Robert Heinlein's 1941 story "By His Bootstraps" begins with the narrator writing in a philosophy thesis that time travel is impossible because time, in Immanuel Kant's terms, is only empirically real and does not exist independently among things in themselves. The narrator is then suddenly surprised to find two different versions of himself arriving from the future, with conflicting warnings and promises about what he can do. Traveling to the future, he meets an older man who repeats the promises, but whom he ends up distrusting. After some confusion, back in the present, he obtains some supplies and returns to the future to a period significantly earlier than when he would met the older man, intending to contest the future with him. Eventually, however, it turns out that he himself is the older man and his future is in fact, pace Immanuel Kant, secured.

A paradox of time travel arises in relation to this story. The narrator does indeed set himself up "by his bootstraps" -- his present and future selves all interact with each other to produce the events. The paradoxical nature of this comes down to the case of a notebook that was provided to the narrator by the older man in the future. It contained a vocabulary of the language that was spoken by people in the future. The narrator learns the language and, as the book wears out over the years, copies it over into a notebook he had fetched from the present. This notebook, as it happens, is the very one he, as the older man, then provides to his other self. He is therefore the same person who both learns the knowledge from the notebook and put the knowledge into the notebook in the first place. The vocabulary as a certain list of items arranged in a certain way was thus complied by no one whatsoever. The knowledge exists in a closed temporal loop and is in an important sense uncaused or uncreated. The narrator himself notes that there is something peculiar about this.
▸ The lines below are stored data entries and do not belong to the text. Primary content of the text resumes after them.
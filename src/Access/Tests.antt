-- ===== src/Access/Tests.antt =====
-- The guards at one user.
use text.Mathlib.Text.{◌==◌ as str_eq}
use attendence_v.Prelude.{◌≡◌, refl, ap, String, true, false, some, none, [], ◌∷◌, arith}
use attendence_v.Fixtures.{plain, class_db, opened, teacher}
use attendence_v.Storage.{Session, ok}
use attendence_v.Storage.Models.{CourseInstructor}
use attendence_v.Redis.Memory.{memory}
use attendence_v.Auth.Tokens.{
  TokenClaims, SecuritySettings, claims_of, access, validate_token, build_claims,
  create_access_token,
}
use attendence_v.Auth.Tokens.Plain.{plain_jwt, spell, more, first}
use attendence_v.Auth.Replies.{open_session, find_user}
use attendence_v.Access.{credentials, get_current_user, ensure_course_scoped_principal}
use attendence_v.Access.Roles.{get_current_user_lem, session_authenticates}
use attendence_v.Access.Scope.{Decided, MayManage, ensure_course_scoped_principal_lem}

abbrev settings : SecuritySettings
settings = record {
  jwt_issuer = "attendance";
  jwt_audience = "dashboard";
  access_token_ttl_minutes = 1;
  refresh_token_ttl_days = 1;
}

abbrev class : Session
class = opened class_db

abbrev ticket : String
unfolding open_session create_access_token build_claims
ticket = (open_session plain_jwt settings teacher ("a", "r") 500).access_cookie

full_ticket : str_eq ticket "" ≡ false
unfolding ticket open_session create_access_token build_claims spell more first
full_ticket = refl

session_authenticates_example :
    get_current_user memory plain_jwt settings plain 1000500 none (some ticket) [] class
    ≡ (ok teacher, class)
unfolding ticket open_session create_access_token build_claims
session_authenticates_example =
    session_authenticates memory plain_jwt settings plain teacher teacher ("a", "r") 500 1000500
      class [] refl full_ticket refl (omega arith) (omega arith) refl refl refl

get_current_user_example :
    let answer =
      get_current_user memory plain_jwt settings plain 1000500 none (some ticket) [] class in
    (answer.1 ≡ class)
    × (teacher.is_active ≡ true)
    × ((token : String) × (claims : TokenClaims) × (credentials none (some ticket) ≡ some token)
        × (str_eq token "" ≡ false)
        × (validate_token memory plain_jwt settings 1000500 token access [] ≡ claims_of claims)
        × (find_user claims.sub class_db.users ≡ some teacher))
get_current_user_example =
    get_current_user_lem memory plain_jwt settings plain 1000500 none (some ticket) class [] teacher
      (ap (λ a. a.0) session_authenticates_example)

abbrev owner_row : CourseInstructor
owner_row = record { user_id = 1; course_id = 7; role_in_course = "owner" }

abbrev owned : Session
owned = opened (record class_db { course_instructors = owner_row ∷ [] })

ensure_course_scoped_principal_example :
    Decided
      (MayManage teacher 7 owned.working)
      teacher
      owned
      (ensure_course_scoped_principal true teacher 7 owned)
ensure_course_scoped_principal_example = ensure_course_scoped_principal_lem teacher 7 owned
Peculiar indeed. A very similar paradox, allowed by the possibility of the same kind of temporal loop, can become a reductio ad absurdum for time travel. We see just such a paradox in the 1980 movie Somewhere in Time, staring Christopher Reeve and Jane Seymour. As a young man, Reeve encounters an old woman who gives him a watch. Later he becomes obsessed with the painting of a woman in an old 19th century hotel (actually filmed on the beautiful Mackinac Island, Michigan). He decides that he must meet that woman, and he thinks it is possible because of the theory of a professor he had for physics. The professor thinks that it is possible to will one's self back in time, as long as what one carries along is not anachronistic for that time.

Reeve outfits himself for the 19th century and actually succeeds in willing himself back into it. He meets the woman in the picture, played by Jane Seymour, and he is able to win her heart, so that she returns the love he felt ever since seeing her painting. He gives her the watch that he had acquired many years before from the old woman. Then, as their mutual happiness seems assured, Reeve discovers a penny from the 20th century in his suit, and the anachronism vaults him back into the present. He is unable to endure separation from his beloved, starves himself to death in his hotel room, and, apparently, is reunited with her in the Hereafter.

The old woman who gave him the watch in his youth was, of course, Jane Seymour's character, lived to a ripe old age just to see him again. The watch, therefore, was obtained by Reeve from Seymour and was obtained by Seymour from Reeve. In a closed temporal loop, like the knowledge in the notebook in Heinlein's story, the watch is uncreated. But this is impossible. The watch is an impossible object. It violates the Second Law of Thermodynamics, the Law of Entropy. If time travel makes that watch possible, then time travel itself is impossible.

The watch, indeed, must be absolutely identical to itself in the 19th and 20th centuries, since Reeve carries it with him from the future instantaneously into the past and bestows it on Seymour. The watch, however, cannot be identical to itself, since all the years in which it is in the possession of Seymour and then Reeve it will wear in the normal manner. It's entropy will increase. The watch carried back by Reeve will be more worn that the watch that would have been acquired by Seymour.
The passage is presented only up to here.